[Collected data entries]
━━━━

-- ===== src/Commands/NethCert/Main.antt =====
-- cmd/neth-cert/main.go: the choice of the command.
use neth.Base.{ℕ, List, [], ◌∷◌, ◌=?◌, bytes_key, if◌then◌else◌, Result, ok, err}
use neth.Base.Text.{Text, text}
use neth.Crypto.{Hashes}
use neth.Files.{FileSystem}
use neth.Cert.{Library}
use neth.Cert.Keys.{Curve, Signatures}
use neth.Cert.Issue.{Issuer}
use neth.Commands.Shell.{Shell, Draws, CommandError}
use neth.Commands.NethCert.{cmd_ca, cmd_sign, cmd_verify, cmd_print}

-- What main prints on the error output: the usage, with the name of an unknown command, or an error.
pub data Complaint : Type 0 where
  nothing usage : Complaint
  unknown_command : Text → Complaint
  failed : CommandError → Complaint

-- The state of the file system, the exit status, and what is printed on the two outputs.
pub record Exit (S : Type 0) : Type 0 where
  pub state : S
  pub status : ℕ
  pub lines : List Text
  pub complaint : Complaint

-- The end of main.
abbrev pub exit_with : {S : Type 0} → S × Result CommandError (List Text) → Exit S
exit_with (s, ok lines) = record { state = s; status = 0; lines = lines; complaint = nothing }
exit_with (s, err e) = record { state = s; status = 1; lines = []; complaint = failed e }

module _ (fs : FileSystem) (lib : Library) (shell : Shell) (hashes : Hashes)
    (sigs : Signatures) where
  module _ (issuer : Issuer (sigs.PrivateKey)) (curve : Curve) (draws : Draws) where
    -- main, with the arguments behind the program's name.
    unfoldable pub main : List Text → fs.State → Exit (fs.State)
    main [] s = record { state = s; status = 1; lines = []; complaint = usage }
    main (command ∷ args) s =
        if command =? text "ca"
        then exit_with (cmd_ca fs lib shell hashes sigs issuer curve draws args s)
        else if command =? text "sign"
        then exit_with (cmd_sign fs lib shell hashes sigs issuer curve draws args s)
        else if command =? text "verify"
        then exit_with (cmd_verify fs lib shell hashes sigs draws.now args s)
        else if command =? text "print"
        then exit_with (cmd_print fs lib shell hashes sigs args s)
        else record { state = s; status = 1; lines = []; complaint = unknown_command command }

━━━━

Repeat every entry exactly as written above.

● ANSWER SPACE
-- ===== src/Commands/NethCert/Main.antt =====
-- cmd/neth-cert/main.go: the choice of the command.
use neth.Base.{ℕ, List, [], ◌∷◌, ◌=?◌, bytes_key, if◌then◌else◌, Result, ok, err}
use neth.Base.Text.{Text, text}
use neth.Crypto.{Hashes}
use neth.Files.{FileSystem}
use neth.Cert.{Library}
use neth.Cert.Keys.{Curve, Signatures}
use neth.Cert.Issue.{Issuer}
use neth.Commands.Shell.{Shell, Draws, CommandError}
use neth.Commands.NethCert.{cmd_ca, cmd_sign, cmd_verify, cmd_print}

-- What main prints on the error output: the usage, with the name of an unknown command, or an error.
pub data Complaint : Type 0 where
  nothing usage : Complaint
  unknown_command : Text → Complaint
  failed : CommandError → Complaint

-- The state of the file system, the exit status, and what is printed on the two outputs.
pub record Exit (S : Type 0) : Type 0 where
  pub state : S
  pub status : ℕ
  pub lines : List Text
  pub complaint : Complaint

-- The end of main.
abbrev pub exit_with : {S : Type 0} → S × Result CommandError (List Text) → Exit S
exit_with (s, ok lines) = record { state = s; status = 0; lines = lines; complaint = nothing }
exit_with (s, err e) = record { state = s; status = 1; lines = []; complaint = failed e }

module _ (fs : FileSystem) (lib : Library) (shell : Shell) (hashes : Hashes)
    (sigs : Signatures) where
  module _ (issuer : Issuer (sigs.PrivateKey)) (curve : Curve) (draws : Draws) where
    -- main, with the arguments behind the program's name.
    unfoldable pub main : List Text → fs.State → Exit (fs.State)
    main [] s = record { state = s; status = 1; lines = []; complaint = usage }
    main (command ∷ args) s =
        if command =? text "ca"
        then exit_with (cmd_ca fs lib shell hashes sigs issuer curve draws args s)
        else if command =? text "sign"
        then exit_with (cmd_sign fs lib shell hashes sigs issuer curve draws args s)
        else if command =? text "verify"
        then exit_with (cmd_verify fs lib shell hashes sigs draws.now args s)
        else if command =? text "print"
        then exit_with (cmd_print fs lib shell hashes sigs args s)
        else record { state = s; status = 1; lines = []; complaint = unknown_command command }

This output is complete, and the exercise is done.